Not so, say Benadon and Young, and indeed, science. According to the latest research on early childhood development, a child’s brain develops more during the first five years than at any other time in life. In fact, 90% of brain development is complete by the time a child turns 5, making this a critically important period in determining a child’s ability to learn and succeed throughout their life. Far from being the least significant period in Walt Disney’s life, the time he spent in his first home was arguably the most fundamental to the man he became. Walt’s brother and business partner Roy, a bit of an unsung hero in the story of the Walt Disney Company, also spent the better part of his childhood—13 years—in the home.
Armed with this knowledge and a commitment to giving the world a chance to see where these beloved American icons got their start, Benadon and Young assembled a superstar team of experts to restore the house to the place the Disney family called home.
Bringing Walt’s Home Back to Life
The fact that Elias Disney built this home with his own hands made it even more imperative to the restoration team, led by preservation architect Charlie Pipal with the help of Chicago historian Tim Samuelson, to salvage and restore every original component possible, from floorboards to siding. Pipal, an adjunct professor in the Historic Preservation Department at the School of the Art Institute of Chicago, even commissioned a forensic analysis of the home’s paint layers to determine the original colors the home would have been when the Disney family lived there.
Today, the structural restoration to the original portion of the home occupied by the Disney family (a later addition to the back of the home will be utilized for museum operations) is complete. Passersby can marvel at the sparkling new paint job, beautiful porch, and manicured lawn and garden designed by landscape architects Scott Byron and Associates.
Still to come…
But, there’s more work to be done. The team behind the project have lofty plans to transform the interior of the home in to a veritable interactive time machine—and they’ve got the chops to do it. Benadon and Young, co-founders of Super 78 a Los Angeles-based animation/design and media production company that develops and designs attractions for theme parks and museums, have made a career of creating immersive, interactive attractions like the one they’ve envisioned for the Birthplace.
When the museum opens its doors to the public, guests will cross the threshold and feel like they’ve stepped straight into the foyer of the Disney family’s home in turn-of-the-century Chicago. They’ll smell dinner cooking in the kitchen, hear the sounds of Walt and Roy playing and laughing in their bedroom upstairs, and get to explore the home, peeking in furniture drawers and poking their heads around corners to discover magical surprises and high-tech interactive elements that promise to deliver a truly transportive experience.

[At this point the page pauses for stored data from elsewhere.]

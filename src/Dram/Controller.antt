-- ===== src/Dram/Controller.antt =====
-- src/general/dram_memory.h, class `dram_media_controller`: the four queues of requests, the reads
-- that wait for their data, and the scheduler of commands. Messages on the console are left out.
use vans.Base.{
  ℕ, ◌+◌, ◌%◌, ◌^◌, Bool, true, false, ◌||◌, List, [], ◌∷◌, ◌++◌, Option, none, some, ltb, leb,
  ◌==◌, if◌then◌else◌, pop_back, Result, ok, err, ◌>>=◌, refresh_refused, invalidated_iterator,
}
use vans.Base.Bits.{add64, sub64}
use vans.Common.{BaseResponse, Callback, Call, clk_invalid}
use vans.RequestQueue
use vans.RequestQueue.{RequestQueue}
use vans.Dram.Ddr4.{Command, ReqType, Ddr4, req_to_cmd, is_accessing, is_refreshing, is_opening}
use vans.Dram.Node.{Dram, Drams, nil, cons, node_of, children_of}
use vans.Dram.Request.{DramRequest, of_mapped_addr}
use vans.Dram.Tree.{decode, check, update}

pub record DramController : Type 0 where
  pub channel : Dram
  pub act_queue : RequestQueue DramRequest
  pub misc_queue : RequestQueue DramRequest
  pub read_queue : RequestQueue DramRequest
  pub write_queue : RequestQueue DramRequest
  pub pending_queue : List DramRequest
  pub last_refreshed_clk : ℕ
  pub write_prior_mode : Bool
  pub curr_clk : ℕ
  pub report_epoch : ℕ
  pub report_cnt : ℕ
  pub start_addr : ℕ
  -- the callbacks called so far, the last one first
  pub calls : List Call

-- A queue is passed by reference, here by its name.
pub data QueueName : Type 0 where
  act misc read write : QueueName

abbrev pub queue_of : QueueName → DramController → RequestQueue DramRequest
queue_of QueueName.act c = c.act_queue
queue_of QueueName.misc c = c.misc_queue
queue_of QueueName.read c = c.read_queue
queue_of QueueName.write c = c.write_queue

abbrev pub with_queue : QueueName → RequestQueue DramRequest → DramController → DramController
with_queue QueueName.act q c = record c { act_queue = q }
with_queue QueueName.misc q c = record c { misc_queue = q }
with_queue QueueName.read q c = record c { read_queue = q }
with_queue QueueName.write q c = record c { write_queue = q }

abbrev pub with_items : QueueName → List DramRequest → DramController → DramController
with_items name items c = with_queue name (record (queue_of name c) { queue = items }) c

unfoldable pub get_queue : ReqType → QueueName
get_queue ReqType.read = QueueName.read
get_queue ReqType.write = QueueName.write
get_queue ReqType.refresh = QueueName.misc
get_queue ReqType.power_down = QueueName.misc
get_queue ReqType.self_refresh = QueueName.misc

unfoldable pub count_report : DramController → DramController
count_report c = if c.report_epoch == 0 then c else record c { report_cnt = add64 c.report_cnt 1 }

-- A queued write to the same address.
unfoldable pub has_write : ℕ → List DramRequest → Bool
has_write addr [] = false
has_write addr (wr ∷ writes) = addr == wr.logic_addr || has_write addr writes

-- The read that has just been queued takes its data from a queued write, and leaves the read queue.
unfoldable pub fast_forward : DramRequest → DramController → DramController
unfolding has_write
fast_forward request c =
    if has_write request.logic_addr c.write_queue.queue
    then record c {
      pending_queue = c.pending_queue ++ record request { depart = add64 c.curr_clk 1 } ∷ [];
      read_queue = record (c.read_queue) { queue = pop_back c.read_queue.queue };
    }
    else c

abbrev pub is_read : ReqType → Bool
is_read ReqType.read = true
is_read _ = false

unfoldable pub issue_request : DramRequest → DramController → Result (BaseResponse × DramController)
unfolding get_queue count_report fast_forward
issue_request req c =
    let request = record req { arrive = c.curr_clk } in
    let name = get_queue request.type in
    RequestQueue.enqueue request (queue_of name c) >>= λ (issued, q). ok (
      record { issued = issued; deterministic = false; next_clk = clk_invalid },
      if issued
          then (let counted = count_report (with_queue name q c) in
              if is_read request.type then fast_forward request counted else counted)
          else c,
    )

-- The call of a pending read's callback. The code removes the read within the test for a callback.
unfoldable pub complete :
    Option Callback → DramRequest → List DramRequest → DramController → DramController
complete none request rest c = c
complete (some f) request rest c = record c {
  pending_queue = rest;
  calls =
      record { callback = f; addr = add64 request.logic_addr c.start_addr; clk = c.curr_clk }
      ∷ c.calls;
}

-- The first of the pending reads is called back from its `depart` on.
unfoldable pub serve_first : List DramRequest → DramController → DramController
unfolding complete
serve_first [] c = c
serve_first (request ∷ rest) c =
    if leb request.depart c.curr_clk then complete request.callback request rest c else c

unfoldable pub serve_pending : DramController → DramController
unfolding serve_first
serve_pending c = serve_first c.pending_queue c

-- `addr_vec` of a refresh; it has `total_levels - 1` indices.
abbrev pub refresh_addr : ℕ → ℕ → List ℕ
refresh_addr channel_id rank_id = channel_id ∷ rank_id ∷ 0 ∷ 0 ∷ 0 ∷ []

-- A refresh request for each rank.
unfoldable pub refresh_ranks : ℕ → Drams → DramController → Result DramController
unfolding issue_request
refresh_ranks channel_id nil c = ok c
refresh_ranks channel_id (cons r ranks) c =
    issue_request (of_mapped_addr (refresh_addr channel_id (node_of r).id) ReqType.refresh) c
    >>= λ (response, d).
        let rest = refresh_ranks channel_id ranks d in
        if response.issued then rest else err refresh_refused

unfoldable pub refresh : Ddr4 → DramController → Result DramController
unfolding refresh_ranks
refresh spec c =
    let all_ranks = refresh_ranks (node_of c.channel).id (children_of c.channel) c in
    if leb spec.timing.n_refi (sub64 c.curr_clk c.last_refreshed_clk)
    then (all_ranks >>= λ d. ok (record d { last_refreshed_clk = d.curr_clk }))
    else ok c

-- `a < b` on two `long`, by their bit patterns.
abbrev pub signed_lt : ℕ → ℕ → Bool
signed_lt a b = ltb ((a + 2 ^ 63) % 2 ^ 64) ((b + 2 ^ 63) % 2 ^ 64)

unfoldable pub write_priority : List DramRequest → List DramRequest → Bool → Bool
write_priority [] [] mode = mode
write_priority [] (rreq ∷ reads) mode = false
write_priority (wreq ∷ writes) [] mode = true
write_priority (wreq ∷ writes) (rreq ∷ reads) mode = signed_lt wreq.arrive rreq.arrive

unfoldable pub choose_queue : DramController → QueueName
choose_queue c =
    if RequestQueue.size c.act_queue
    then QueueName.act
    else if RequestQueue.size c.misc_queue
    then QueueName.misc
    else if c.write_prior_mode
    then QueueName.write
    else QueueName.read

unfoldable pub get_first_cmd : DramRequest → DramController → Result Command
get_first_cmd req c = decode (req_to_cmd req.type) req.mapped_addr c.channel

unfoldable pub is_ready : DramRequest → DramController → Result Bool
unfolding get_first_cmd
is_ready req c = get_first_cmd req c >>= λ cmd. check cmd req.mapped_addr c.curr_clk c.channel

-- A request whose row has been opened moves to the queue of activated requests. Where it stands in
-- that queue already, the code erases it by an iterator that its `push_back` has made invalid.
unfoldable pub move_to_act :
    QueueName → DramRequest → List DramRequest → DramController → Result DramController
move_to_act QueueName.act req rest c = err invalidated_iterator
move_to_act name req rest c = ok (
    with_items name rest
      (record c { act_queue = record (c.act_queue) { queue = c.act_queue.queue ++ req ∷ [] } }))

-- A read waits for its data.
unfoldable pub await_data : Ddr4 → DramRequest → DramController → DramController
await_data spec req c =
    if is_read req.type
    then record c {
      pending_queue =
          c.pending_queue ++ record req { depart = add64 c.curr_clk spec.read_latency } ∷ [];
    }
    else c

-- What `schedule` does after `cmd` has been issued for the front `req` of the queue.
unfoldable pub after_cmd :
    Ddr4
    → QueueName
    → Command
    → DramRequest
    → List DramRequest
    → DramController
    → Result DramController
unfolding move_to_act await_data
after_cmd spec name cmd req rest c =
    if is_accessing cmd || is_refreshing cmd
    then ok (with_items name rest (await_data spec req c))
    else if is_opening cmd
    then move_to_act name req rest c
    else ok (with_items name (req ∷ rest) c)

unfoldable pub issue_front :
    Ddr4 → QueueName → DramRequest → List DramRequest → DramController → Result DramController
unfolding get_first_cmd after_cmd
issue_front spec name req rest c = get_first_cmd req c >>= λ cmd.
    update spec cmd req.mapped_addr c.curr_clk c.channel >>= λ channel.
    after_cmd spec name cmd (record req { is_first_cmd = false }) rest
      (record c { channel = channel })

unfoldable pub schedule_front :
    Ddr4 → QueueName → List DramRequest → DramController → Result DramController
unfolding is_ready issue_front
schedule_front spec name [] c = ok c
schedule_front spec name (req ∷ rest) c =
    is_ready req c >>= λ ready. if ready then issue_front spec name req rest c else ok c

unfoldable pub schedule : Ddr4 → QueueName → DramController → Result DramController
unfolding schedule_front
schedule spec name c = schedule_front spec name (queue_of name c).queue c

unfoldable pub prioritise : DramController → DramController
unfolding write_priority
prioritise c = record c {
  write_prior_mode = write_priority c.write_queue.queue c.read_queue.queue c.write_prior_mode;
}

unfoldable pub tick : Ddr4 → ℕ → DramController → Result DramController
unfolding serve_pending refresh prioritise choose_queue schedule
tick spec new_clk c = refresh spec (serve_pending (record c { curr_clk = new_clk })) >>= λ d.
    let e = prioritise d in schedule spec (choose_queue e) e

unfoldable pub pending : DramController → Bool
pending c = elim c.pending_queue [ [] ↦ false | request ∷ rest ↦ true ]

unfoldable pub full : DramController → Result Bool
full c = RequestQueue.full c.read_queue >>= λ reads.
    if reads then ok true else RequestQueue.full c.write_queue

The coolest part of their plan? As we already mentioned, the back of the home was previously extended by an addition, so the windows that once looked out onto the backyard are now solid walls. But not for long. The team plans to bring the windows back in the form of high-tech video screens that will mimic windows, but instead enable guests to look “outside” and see and hear the sights and sounds the Disney family would have while they lived there. “We want this house tour to be a unique experience that allows guests to interact in a way that immersion has never done before,” says Benadon.

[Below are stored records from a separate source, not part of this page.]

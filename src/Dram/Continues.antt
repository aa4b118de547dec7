-- ===== src/Dram/Continues.antt =====
-- src/general/dram_memory.h: what refreshing and scheduling leave of the channel, of the reads that
-- wait for their data, and of the callbacks called.
use mathlib.Core.List.{append-nil, append_assoc}
use vans.Base.{
  ℕ, ◌≡◌, refl, sym, ap, ◌∙◌, inl, inr, List, [], ◌∷◌, ◌++◌, leb, ◌==◌, Bool-cases, Partial,
  returned, thrown, Partial-bind, Partial-mono, Partial-any, ◌||◌, false,
}
use vans.Base.Bits.{sub64}
use vans.Common.{BaseResponse}
use vans.RequestQueue
use vans.RequestQueue.{RequestQueue}
use vans.Dram.Ddr4.{Command, ReqType, Ddr4, is_accessing, is_refreshing, is_opening}
use vans.Dram.Node.{Drams, nil, cons, node_of, children_of}
use vans.Dram.Request.{DramRequest, of_mapped_addr}
use vans.Dram.Shape.{Grows, Grows-refl, Grows-trans, update-Grows}
use vans.Dram.Controller.{
  DramController, QueueName, with_items, get_queue, issue_request, count_report, refresh_addr,
  refresh_ranks, refresh, serve_pending, prioritise, choose_queue, move_to_act, await_data,
  after_cmd, issue_front, schedule_front, is_ready, get_first_cmd, queue_of, schedule, tick,
  is_read,
}

-- Reads may have come to wait behind those that waited, and no callback has been called.
abbrev pub Continues : DramController → DramController → Type 0
Continues c d =
    Grows c.channel d.channel
    × ((more : List DramRequest) × (d.pending_queue ≡ c.pending_queue ++ more))
    × (d.calls ≡ c.calls)

Continues-refl : (c : DramController) → Continues c c
Continues-refl c = (Grows-refl c.channel, ([], sym (append-nil c.pending_queue)), refl)

Continues-trans : (b c d : DramController) → Continues b c → Continues c d → Continues b d
Continues-trans b c d (g, (m, e), s) (h, (n, f), t) =
    (Grows-trans g h, (m ++ n, f ∙ ap (λ x. x ++ n) e ∙ append_assoc b.pending_queue m n), t ∙ s)

with_items-Continues :
    (b : DramController) (name : QueueName) (items : List DramRequest) (c : DramController)
    → Continues b c
    → Continues b (with_items name items c)
with_items-Continues b QueueName.act items c h = h
with_items-Continues b QueueName.misc items c h = h
with_items-Continues b QueueName.read items c h = h
with_items-Continues b QueueName.write items c h = h

await_data-Continues :
    (spec : Ddr4) (r : DramRequest) (c : DramController) → Continues c (await_data spec r c)
unfolding await_data
await_data-Continues spec r c = elim (Bool-cases (is_read r.type)) [
  | inl reads ↦ rw reads (Grows-refl c.channel, (_, refl), refl)
  | inr other ↦ rw other (Continues-refl c)
]

move_to_act-Continues :
    (name : QueueName) (r : DramRequest) (rest : List DramRequest) (c : DramController)
    → Partial (Continues c) (move_to_act name r rest c)
unfolding move_to_act
move_to_act-Continues QueueName.act r rest c = thrown
move_to_act-Continues QueueName.misc r rest c = returned (Continues-refl c)
move_to_act-Continues QueueName.read r rest c = returned (Continues-refl c)
move_to_act-Continues QueueName.write r rest c = returned (Continues-refl c)

after_cmd-Continues :
    (spec : Ddr4) (name : QueueName) (cmd : Command) (r : DramRequest) (rest : List DramRequest)
    (c : DramController)
    → Partial (Continues c) (after_cmd spec name cmd r rest c)
unfolding after_cmd
after_cmd-Continues spec name cmd r rest c =
    elim (Bool-cases (is_accessing cmd || is_refreshing cmd)) [
      | inl done ↦ rw done (
          returned (
            with_items-Continues c name rest (await_data spec r c) (await_data-Continues spec r c)))
      | inr more ↦ elim (Bool-cases (is_opening cmd)) [
        | inl opens ↦ rw (more, opens) (move_to_act-Continues name r rest c)
        | inr stays ↦
            rw (more, stays)
              (returned (with_items-Continues c name (r ∷ rest) c (Continues-refl c)))
      ]
    ]

schedule_front-Continues :
    (spec : Ddr4) (name : QueueName) (items : List DramRequest) (c : DramController)
    → Partial (Continues c) (schedule_front spec name items c)
unfolding schedule_front issue_front
schedule_front-Continues spec name [] c = returned (Continues-refl c)
schedule_front-Continues spec name (r ∷ rest) c =
    Partial-bind (Partial-any (is_ready r c)) (λ ready t. elim (Bool-cases ready) [
      | inr waits ↦ rw waits (returned (Continues-refl c))
      | inl now ↦ rw now (
          Partial-bind (Partial-any (get_first_cmd r c)) (λ cmd t.
            Partial-bind (update-Grows spec cmd r.mapped_addr c.curr_clk c.channel) (λ m g.
              Partial-mono
                (after_cmd-Continues spec name cmd (record r { is_first_cmd = false }) rest
                  (record c { channel = m }))
                (λ d h. (Grows-trans g h.0, h.1, h.2)))))
    ])

count_report-Continues : (c : DramController) → Continues c (count_report c)
unfolding count_report
count_report-Continues c = elim (Bool-cases (c.report_epoch == 0)) [
  | inl off ↦ rw off (Continues-refl c)
  | inr on ↦ rw on (Continues-refl c)
]

refresh_ranks-Continues :
    (channel_id : ℕ) (ranks : Drams) (c : DramController)
    → Partial (Continues c) (refresh_ranks channel_id ranks c)
unfolding refresh_ranks issue_request get_queue
refresh_ranks-Continues channel_id nil c = returned (Continues-refl c)
refresh_ranks-Continues channel_id (cons r ranks) c =
    Partial-bind {P = λ (p : BaseResponse × DramController). Continues c p.1}
      (Partial-bind
        (Partial-any (
          RequestQueue.enqueue
            (record (of_mapped_addr (refresh_addr channel_id (node_of r).id) ReqType.refresh) {
              arrive = c.curr_clk;
            })
            c.misc_queue))
        (λ (issued, q) t. elim (Bool-cases issued) [
          | inl queued ↦ rw queued (returned (count_report-Continues (record c { misc_queue = q })))
          | inr no_room ↦ rw no_room (returned (Continues-refl c))
        ]))
      (λ (response, d) h. elim (Bool-cases response.issued) [
        | inl yes_issued ↦ rw yes_issued (
            Partial-mono (refresh_ranks-Continues channel_id ranks d)
              (λ e k. Continues-trans c d e h k))
        | inr refused ↦ rw refused thrown
      ])

refresh-Continues : (spec : Ddr4) (c : DramController) → Partial (Continues c) (refresh spec c)
unfolding refresh
refresh-Continues spec c =
    elim (Bool-cases (leb spec.timing.n_refi (sub64 c.curr_clk c.last_refreshed_clk))) [
      | inl due ↦ rw due (
          Partial-bind (refresh_ranks-Continues (node_of c.channel).id (children_of c.channel) c)
            (λ d h. returned h))
      | inr early ↦ rw early (returned (Continues-refl c))
    ]

-- Whatever a tick does after its callback, the channel only grows, no pending read is removed or
-- overtaken, and no further callback is called.
pub tick-Continues :
    (spec : Ddr4) (clk : ℕ) (c : DramController)
    → Partial (Continues (serve_pending (record c { curr_clk = clk }))) (tick spec clk c)
unfolding tick prioritise schedule
tick-Continues spec clk c =
    let b = serve_pending (record c { curr_clk = clk }) in
    Partial-bind (refresh-Continues spec b) (λ d h.
      Partial-mono
        (schedule_front-Continues spec (choose_queue (prioritise d))
          (queue_of (choose_queue (prioritise d)) (prioritise d)).queue (prioritise d))
        (λ e k. Continues-trans b d e h k))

Sounds fun, right? Just wait until you hear how you’ll get there.
Hermosa is a quiet working-class neighborhood not all that dissimilar today to what it was like when the Disneys lived there, and Benadon and team plan to keep it that way. Because the home is on a residential street, parking is currently an issue for visitors. So, the big-picture plans also include identifying a nearby location where a parking lot and visitor center can be built to preserve the peacefulness of the block of Tripp Ave. where the home sits.
Guests will be able to park and begin the storytelling journey in the visitor center before boarding a trolley that will bring them to the museum. Onboard the trolley, as in the museum, the Super 78 team will bring their theme park attraction design skills to the experience. Guests will be greeted by an in-character driver, who will continue the Disney family’s story during their trip. Trolley windows will actually be screens, giving guests the illusion that they’re traveling through the neighborhood at the turn of the century—a “window” into what life in Chicago was like at the time.
Elias Disney also built a church around the corner from the home, as well as two additional homes on the street, so additional stops on the trolley tour could also be on the itinerary.
Inspiring Future Generations
Walt Disney’s realization of the American Dream lies the heart of the vision for the museum. The idea that a kid who grew up in this modest home in a working-class Chicago neighborhood could, through a combination of creativity, confidence, and hard work, go on to become the man who brought us Mickey Mouse, Disney theme parks, and the global media empire Disney continues to be today, is a story that continues to move all who’ve been touched by Disney’s legacy. Benadon and Young want this museum to be a place that lights a creative spark for young visitors and reminds them that they can too be anything.
To further this mission, the museum will also house the Center for Early Childhood Creativity and Innovation (CECCI), a nonprofit dedicated to empowering children and their families to create and innovate. Benadon and Young hope to begin by inspiring first the children of the Hermosa neighborhood, who are growing up on the same streets in hardworking families just as Walt and Roy did, but they’re not stopping there. “That these two amazing men came out of that average neighborhood is proof that anyone can do it,” Benadon says. “This home can be a great symbol for the neighborhood, Chicago and the American Dream.”
To learn more about how you can support the restoration project, visit The Walt Disney Birthplace.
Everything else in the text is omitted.